Introducing DI-toolkit
DI-toolkit is a versatile and user-friendly utility package designed for the OpenDILab projects. It offers several helpful tools that enhance the functionalities for developers who work with data, logging, and documentation generation. This toolkit is widely beneficial for those who require a straightforward yet efficient toolkit to boost their project productivity.
Core Utilities
-
ditk.logging: This module offers an easy-to-use logging system. It has a similar interface to Python's native logging module. This means developers can adapt it into their existing projects by simply changing the import statement from
import logging
tofrom ditk import logging
. -
ditk.annotated: This is a script for generating annotated documentation, making it easier for developers to create clear and well-documented codebases. It can automatically generate HTML documents from Python source code.
-
ditk.tensorboard: A utility designed to extract and visualize data from TensorBoard log files. It includes a plotting utility,
ditk.tensorboard.plot
, which developers can use to create comprehensive visual reports from their data.
Installation
DI-toolkit is conveniently available via PyPI, allowing users to install it directly using pip:
pip install DI-toolkit
Alternatively, users can install it from the latest source code on GitHub:
git clone https://github.com/opendilab/DI-toolkit.git
cd di-toolkit
pip install . --user
Getting Started
Logging with ditk.logging: Its functionality is nearly identical to Python's built-in logging, making it intuitive to use. For example:
from ditk import logging
if __name__ == '__main__':
logging.try_init_root(logging.INFO)
logging.info('This is info')
logging.warning('This is a warning with integer 233')

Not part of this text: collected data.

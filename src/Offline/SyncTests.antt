-- ===== src/Offline/SyncTests.antt =====
-- Runs of a whole sync, and the instances of its theorems.
use vault_drive.Base.{
  Bool, ℕ, List, [], ◌∷◌, ◌≡◌, Option, none, some, refl, map, Outcome, ok, throw, String, get_or,
  text_eq, ◌==◌, if◌then◌else◌,
}
use vault_drive.Offline.Sync.{rename, Status, conflict, OfflineAction, OfflineSyncResult}
use vault_drive.Offline.Queue.{
  OfflineQueue, completes, NewOfflineAction, queue_offline_action, get_offline_queue,
}
use vault_drive.Offline.Dashboard.{
  SyncResponse, http_error, results, SyncEnvironment, Dashboard, granted, success, ready_actions,
  perform_sync, trigger_sync,
}
use vault_drive.Offline.Fate.{stored, Fate}
use vault_drive.Offline.Chunks.{concat}
use vault_drive.Offline.SyncFate.{WasReady, Confirmed, perform_sync-Fate}
use vault_drive.Offline.SentOnce.{SentSettled, perform_sync-SentSettled}
use vault_drive.Offline.Review.{
  ServerFile, RenameSeen, reconcile_offline_rename, reconcile_offline_rename-Fate,
}

abbrev rename_of : String → NewOfflineAction
rename_of file = record {
  owner_id = "ana";
  type = rename;
  file_id = file;
  filename = some "report.pdf";
  new_filename = some "final.pdf";
  parent_hash = "h0";
  new_hash = some "h1";
  updated_at = "2024-01-01";
}

abbrev empty_queue : OfflineQueue
empty_queue = record { next_id = 1; items = [] }

-- Two renames are waiting.
abbrev two_queued : OfflineQueue
two_queued =
    (queue_offline_action completes "a2" "u2" (rename_of "f2")
      (queue_offline_action completes "a1" "u1" (rename_of "f1") empty_queue).1).1

abbrev done_first : OfflineSyncResult
done_first = record {
  action_id = some "a1";
  file_id = some "f1";
  success = some Bool.true;
  conflict = none;
  error = none;
  code = none;
}

-- The second clashed with a newer version.
abbrev clash_second : OfflineSyncResult
clash_second = record {
  action_id = some "a2";
  file_id = some "f2";
  success = some Bool.false;
  conflict = some Bool.true;
  error = none;
  code = none;
}

abbrev environment : SyncResponse → SyncEnvironment
environment response = record {
  marking = λ id. completes;
  settling = λ id. completes;
  respond = λ chunk. response;
  attempted_at = λ chunk. "now";
  json_bytes = λ a. 200;
}

abbrev answered : SyncEnvironment
answered = environment (results (done_first ∷ clash_second ∷ []))

abbrev statuses : OfflineQueue → List (Option Status)
statuses q = map (λ (a : OfflineAction). a.status) (get_offline_queue q)

-- The first is gone, the second is held for review.
after_answer :
    statuses (perform_sync answered (some "ana") (ok tt) two_queued).1.queue ≡ some conflict ∷ []
unfolding perform_sync queue_offline_action vault_drive.Base.JsMap.set vault_drive.Base.JsMap.get
    vault_drive.Base.JsMap.delete
after_answer = refl

-- An error of the server leaves both marked.
after_error :
    statuses (perform_sync (environment (http_error 500)) (some "ana") (ok tt) two_queued).1.queue
    ≡ some Status.unknown ∷ some Status.unknown ∷ []
unfolding perform_sync queue_offline_action vault_drive.Base.JsMap.set vault_drive.Base.JsMap.get
after_error = refl

abbrev dashboard : Dashboard
dashboard = record { queue = two_queued; sync_in_flight = Bool.false; requests = []; toasts = [] }

toast_of_one :
    (trigger_sync answered granted (ok tt) (some "token") (some "ana") dashboard).toasts
    ≡ success 1 ∷ []
unfolding trigger_sync queue_offline_action vault_drive.Base.JsMap.set vault_drive.Base.JsMap.get
    vault_drive.Base.JsMap.delete
toast_of_one = refl

perform_sync-Fate_example :
    Fate
      (WasReady (ready_actions (some "ana") two_queued) 1)
      (Confirmed answered (ready_actions (some "ana") two_queued) 1)
      (stored 1 two_queued)
      (stored 1 (perform_sync answered (some "ana") (ok tt) two_queued).1.queue)
perform_sync-Fate_example = perform_sync-Fate answered (some "ana") (ok tt) two_queued 1

perform_sync-SentSettled_example :
    SentSettled answered (perform_sync answered (some "ana") (ok tt) two_queued).1
    × ((perform_sync answered (some "ana") (ok tt) two_queued).0 ≡ ok tt
        → concat (perform_sync answered (some "ana") (ok tt) two_queued).1.requests
          ≡ ready_actions (some "ana") two_queued)
perform_sync-SentSettled_example = perform_sync-SentSettled answered (some "ana") (ok tt) two_queued

abbrev renamed_file : ServerFile
renamed_file = record { id = some "f1"; filename = some "final.pdf"; parent_hash = some "h1" }

abbrev first_item : OfflineAction
first_item = record {
  id = some 1;
  action_id = some "a1";
  owner_id = some "ana";
  type = rename;
  file_id = "f1";
  filename = some "report.pdf";
  new_filename = some "final.pdf";
  parent_hash = "h0";
  new_hash = some "h1";
  updated_at = "2024-01-01";
  status = some Status.unknown;
  last_error = none;
  last_attempt_at = none;
}

reconciled :
    stored 1
      (reconcile_offline_rename completes completes
        (ok (renamed_file ∷ []))
        (some "ana")
        first_item
        two_queued).1
    ≡ none
unfolding reconcile_offline_rename queue_offline_action vault_drive.Base.JsMap.get
    vault_drive.Base.JsMap.delete vault_drive.Base.JsMap.set
reconciled = refl

reconcile_offline_rename-Fate_example :
    Fate
      (get_or first_item.id 0 ≡ 1)
      ((get_or first_item.id 0 ≡ 1) × RenameSeen (ok (renamed_file ∷ [])) first_item)
      (stored 1 two_queued)
      (stored 1
        (reconcile_offline_rename completes completes
          (ok (renamed_file ∷ []))
          (some "ana")
          first_item
          two_queued).1)
reconcile_offline_rename-Fate_example =
    reconcile_offline_rename-Fate completes completes (ok (renamed_file ∷ [])) (some "ana")
      first_item two_queued 1
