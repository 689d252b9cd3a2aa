-- ===== src/Offline/Tests.antt =====
-- Runs of the offline queue, and the instances of its theorems.
use vault_drive.Base.{
  ℕ, List, [], ◌∷◌, ◌++◌, ◌≡◌, ◌≢◌, ◌↔◌, ◌≤◌, Bool, true, not, String, Option, none, some, refl,
  filter, number_eq, map, truthy, ◌⊎◌, get_elem?, All, arith, text_eq,
}
use vault_drive.Base.JsMap.{get}
use vault_drive.Offline.Sync.{
  rename, Status, OfflineAction, SyncableOfflineAction, as_syncable, OfflineSyncResult, remove,
  classify_offline_actions, match_offline_sync_results, chunk_offline_actions,
}
use vault_drive.Offline.Queue.{
  OfflineQueue, completes, tx_fails, NewOfflineAction, queue_offline_action, get_offline_queue,
}
use vault_drive.Offline.Classify.{is_sendable, reviewed, classify_offline_actions-partition}
use vault_drive.Offline.Match.{answers, match_offline_sync_results-remove}
use vault_drive.Offline.Chunks.{concat, IsRequest, chunk_offline_actions_requests}
use vault_drive.Offline.Storage.{
  Reachable, created, stepped, queueing, IsQueue, Reachable-IsQueue, queue_offline_action-changes,
}

abbrev rename_report : NewOfflineAction
rename_report = record {
  owner_id = "ana";
  type = rename;
  file_id = "f1";
  filename = some "report.pdf";
  new_filename = some "final.pdf";
  parent_hash = "h0";
  new_hash = some "h0";
  updated_at = "2024-01-01";
}

abbrev one : ℕ
one = 1

abbrev empty_queue : OfflineQueue
empty_queue = record { next_id = 1; items = [] }

abbrev one_queued : OfflineQueue
one_queued = (queue_offline_action completes "a1" "u1" rename_report empty_queue).1

abbrev two_queued : OfflineQueue
two_queued = (queue_offline_action completes "a2" "u2" rename_report one_queued).1

stored_hashes : map (λ a. a.new_hash) (get_offline_queue two_queued) ≡ some "u1" ∷ some "u2" ∷ []
unfolding get_offline_queue queue_offline_action vault_drive.Base.JsMap.set
stored_hashes = refl

failed_write :
    (queue_offline_action (tx_fails "quota") "a2" "u2" rename_report one_queued).1 ≡ one_queued
unfolding queue_offline_action
failed_write = refl

abbrev actions : List OfflineAction
actions = get_offline_queue two_queued

abbrev ready : List SyncableOfflineAction
ready = (classify_offline_actions actions (some "ana")).ready

abbrev first_action : SyncableOfflineAction
first_action = as_syncable (record {
  id = some 1;
  action_id = some "a1";
  owner_id = some "ana";
  type = rename;
  file_id = "f1";
  filename = some "report.pdf";
  new_filename = some "final.pdf";
  parent_hash = "h0";
  new_hash = some "u1";
  updated_at = "2024-01-01";
  status = some Status.pending;
  last_error = none;
  last_attempt_at = none;
})

first_ready : get_elem? ready 0 ≡ some first_action
unfolding classify_offline_actions get_offline_queue queue_offline_action vault_drive.Base.JsMap.set
first_ready = refl

abbrev answer : OfflineSyncResult
answer = record {
  action_id = some "a1";
  file_id = some "f1";
  success = some true;
  conflict = none;
  error = none;
  code = none;
}

classify_offline_actions-partition_example :
    ((classify_offline_actions actions (some "ana")).ready
      ≡ map as_syncable (filter (is_sendable (some "ana")) actions))
    × ((classify_offline_actions actions (some "ana")).review
        ≡ map (reviewed (some "ana")) (filter (λ a. not (is_sendable (some "ana") a)) actions))
classify_offline_actions-partition_example = classify_offline_actions-partition actions (some "ana")

match_offline_sync_results-remove_example :
    (get_elem? (match_offline_sync_results ready (answer ∷ [])) 0 ≡ some (remove 1 "a1")) ↔ (
      (r : OfflineSyncResult) × (answers "a1" (answer ∷ []) ≡ r ∷ [])
      × (r.file_id ≡ some "f1")
      × (r.success ≡ some true))
match_offline_sync_results-remove_example =
    match_offline_sync_results-remove ready (answer ∷ []) 0 first_action first_ready
      (ground (arith, text_eq.same_iff "a1" ""))

-- Two requests for two actions of 600 bytes each, at most 1000 bytes.
chunk_offline_actions_requests_example :
    (concat (chunk_offline_actions (λ a. 600) 25 1000 ready) ≡ ready)
    × All (IsRequest (λ a. 600) 25 1000) (chunk_offline_actions (λ a. 600) 25 1000 ready)
chunk_offline_actions_requests_example =
    chunk_offline_actions_requests (λ a. 600) 25 1000 ready (omega arith)

after_queueing : Reachable two_queued
after_queueing =
    stepped one_queued two_queued
      (stepped empty_queue one_queued created (queueing completes "a1" "u1" rename_report))
      (queueing completes "a2" "u2" rename_report)

Reachable-IsQueue_example : IsQueue two_queued
Reachable-IsQueue_example = Reachable-IsQueue two_queued after_queueing

queue_offline_action-changes_example :
    ((stored : OfflineAction) × (hash : String) × (get 2 two_queued.items ≡ some stored)
      × (stored.new_hash ≡ some hash)
      × (hash ≢ "h0")
      × (truthy (some hash) ≡ true))
    × ((2 ≡ one) ⊎ (get one two_queued.items ≡ get one one_queued.items))
unfolding queue_offline_action
queue_offline_action-changes_example =
    queue_offline_action-changes completes "a2" "u2" rename_report one_queued 2 one refl
      (ground (arith, text_eq.same_iff "u2" "h0")) refl refl
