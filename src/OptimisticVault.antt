-- ===== src/OptimisticVault.antt =====
-- hooks/use-optimistic-vault.ts: files are renamed or removed on the screen before the server has
-- answered, and a ledger keeps what to put back. A file's other fields are one value.
mod Tests
use vault_drive.Base.{
  Bool, true, false, not, String, Option, none, some, List, [], ◌∷◌, ◌++◌, ◌≡◌, refl, sym, ap, ap₂,
  ◌∙◌, map, filter, find, filter-append, append-nil, All, inl, inr, arith, if◌then◌else◌, is_empty,
  ◌==◌, text_eq, ==_refl, Bool-cases, Option-cases,
}

pub record OptimisticFile : Type 0 where
  pub id : String
  pub filename : String
  pub other_fields : String

pub data RollbackAction : Type 0 where
  rename delete update : RollbackAction

pub record RollbackEntry : Type 0 where
  pub file_id : String
  pub previous_state : OptimisticFile
  pub action : RollbackAction

pub record OptimisticVault : Type 0 where
  pub files : List OptimisticFile
  pub rollback_ledger : List RollbackEntry

unfoldable pub sync_files : List OptimisticFile → OptimisticVault → OptimisticVault
sync_files server_files v = record v { files = server_files }

abbrev pub replace_file :
    String → (OptimisticFile → OptimisticFile) → List OptimisticFile → List OptimisticFile
replace_file file_id change = map (λ f. if f.id == file_id then change f else f)

unfoldable pub optimistic_rename : String → String → OptimisticVault → OptimisticVault
optimistic_rename file_id new_filename v = elim (find (λ f. f.id == file_id) v.files) [
  | none ↦ v
  | some target ↦ record {
    files = replace_file file_id (λ f. record f { filename = new_filename }) v.files;
    rollback_ledger =
        v.rollback_ledger
        ++ record { file_id = file_id; previous_state = target; action = rename } ∷ [];
  }
]

unfoldable pub optimistic_delete : String → OptimisticVault → OptimisticVault
optimistic_delete file_id v = elim (find (λ f. f.id == file_id) v.files) [
  | none ↦ v
  | some target ↦ record {
    files = filter (λ f. not (f.id == file_id)) v.files;
    rollback_ledger =
        v.rollback_ledger
        ++ record { file_id = file_id; previous_state = target; action = delete } ∷ [];
  }
]

abbrev pub put_back : String → RollbackEntry → List OptimisticFile → List OptimisticFile
put_back file_id entry files = elim entry.action [
  | delete ↦ files ++ entry.previous_state ∷ []
  | rename ↦ replace_file file_id (λ f. entry.previous_state) files
  | update ↦ replace_file file_id (λ f. entry.previous_state) files
]

abbrev pub without_entry : String → List RollbackEntry → List RollbackEntry
without_entry file_id = filter (λ e. not (e.file_id == file_id))

unfoldable pub rollback : String → OptimisticVault → OptimisticVault
rollback file_id v = elim (find (λ e. e.file_id == file_id) v.rollback_ledger) [
  | none ↦ v
  | some entry ↦ record {
    files = put_back file_id entry v.files;
    rollback_ledger = without_entry file_id v.rollback_ledger;
  }
]

unfoldable pub commit : String → OptimisticVault → OptimisticVault
commit file_id v = record v { rollback_ledger = without_entry file_id v.rollback_ledger }

unfoldable pub has_pending_rollback : OptimisticVault → Bool
has_pending_rollback v = not (is_empty v.rollback_ledger)

-- No two files share the identifier: all that have it are this one.
abbrev pub OnlyOne : String → OptimisticFile → List OptimisticFile → Type 0
OnlyOne file_id target = All (λ f. (f.id == file_id) ≡ true → f ≡ target)

replace_file-back :
    (file_id new_filename : String) (target : OptimisticFile) (files : List OptimisticFile)
    → OnlyOne file_id target files
    → replace_file file_id
        (λ f. target)
        (replace_file file_id (λ f. record f { filename = new_filename }) files)
      ≡ files
replace_file-back file_id new_filename target [] h = refl
replace_file-back file_id new_filename target (f ∷ files) (h, hs) =
    ground (arith, h, replace_file-back file_id new_filename target files hs)

find-entry :
    (file_id : String) (entry : RollbackEntry) (ledger : List RollbackEntry)
    → find (λ e. e.file_id == file_id) ledger ≡ none
    → (entry.file_id == file_id) ≡ true
    → (find (λ e. e.file_id == file_id) (ledger ++ entry ∷ []) ≡ some entry)
      × (without_entry file_id (ledger ++ entry ∷ []) ≡ ledger)
find-entry file_id entry [] none_there here = (ground (arith, here), ground (arith, here))
find-entry file_id entry (e ∷ ledger) none_there here =
    let (found, dropped) = find-entry file_id entry ledger (ground (arith, none_there)) here in
    (ground (arith, none_there, found), ground (arith, none_there, dropped))

-- Taking back a rename gives the files and the ledger as they were, when no two files share the
-- identifier and nothing was pending for it.
pub rollback-optimistic_rename :
    (file_id new_filename : String) (target : OptimisticFile) (v : OptimisticVault)
    → find (λ f. f.id == file_id) v.files ≡ some target
    → OnlyOne file_id target v.files
    → find (λ e. e.file_id == file_id) v.rollback_ledger ≡ none
    → rollback file_id (optimistic_rename file_id new_filename v) ≡ v
unfolding rollback optimistic_rename
rollback-optimistic_rename file_id new_filename target v found only nothing_pending =
    let entry : RollbackEntry = record {
      file_id = file_id;
      previous_state = target;
      action = rename;
    } in
    let (entry_found, dropped) =
      find-entry file_id entry v.rollback_ledger nothing_pending (==_refl file_id) in
    let renamed : OptimisticVault = record {
      files = replace_file file_id (λ f. record f { filename = new_filename }) v.files;
      rollback_ledger = v.rollback_ledger ++ entry ∷ [];
    } in
    let to_renamed : optimistic_rename file_id new_filename v ≡ renamed =
      rw (optimistic_rename, found) refl in
    let back : rollback file_id renamed ≡ record {
      files = put_back file_id entry renamed.files;
      rollback_ledger = without_entry file_id renamed.rollback_ledger;
    } =
      rw (rollback, entry_found) refl in
    ap (rollback file_id) to_renamed
    ∙ back
    ∙ ap₂ {C = OptimisticVault} (λ a b. record { files = a; rollback_ledger = b })
        (replace_file-back file_id new_filename target v.files only) dropped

logging.error('This is an error with string \'233\'.')
try:
_ = 1 / 0
except ZeroDivisionError as err:
logging.exception(err)
Generating Documentation with ditk.annotated: This script facilitates the creation of detailed and stylistic HTML documentation directly from Python files. Users can utilize command line options to specify input files, output directories, and even document language:
python -m ditk.doc.annotated create -i ditk/doc/annotated/ppo.py -o my_doc/index.html -L zh
Plotting with ditk.tensorboard: Easily generate multi-seed multi-algorithm benchmark plots:
import matplotlib.pyplot as plt
import seaborn as sns
from ditk.tensorboard.plots import tb_create_range_plots
sns.set()
tb_create_range_plots(
'test/testfile/pong_tb', # directory of tensorboard log
xname='step',
yname='evaluator_step/reward_mean',
)
plt.show()
Contribution and License
DI-toolkit is open to contributions which are welcomed to enhance its logic and system designs. Contributors can refer to the project's CONTRIBUTING.md
for guidance. The toolkit is released under the Apache 2.0 license, ensuring it is free and open to use by the community.
This toolkit is an excellent resource for developers looking to streamline their workflow and improve the efficiency of their projects. Its simple installation process and set of easy-to-learn utilities make it a must-have for data scientists and developers alike.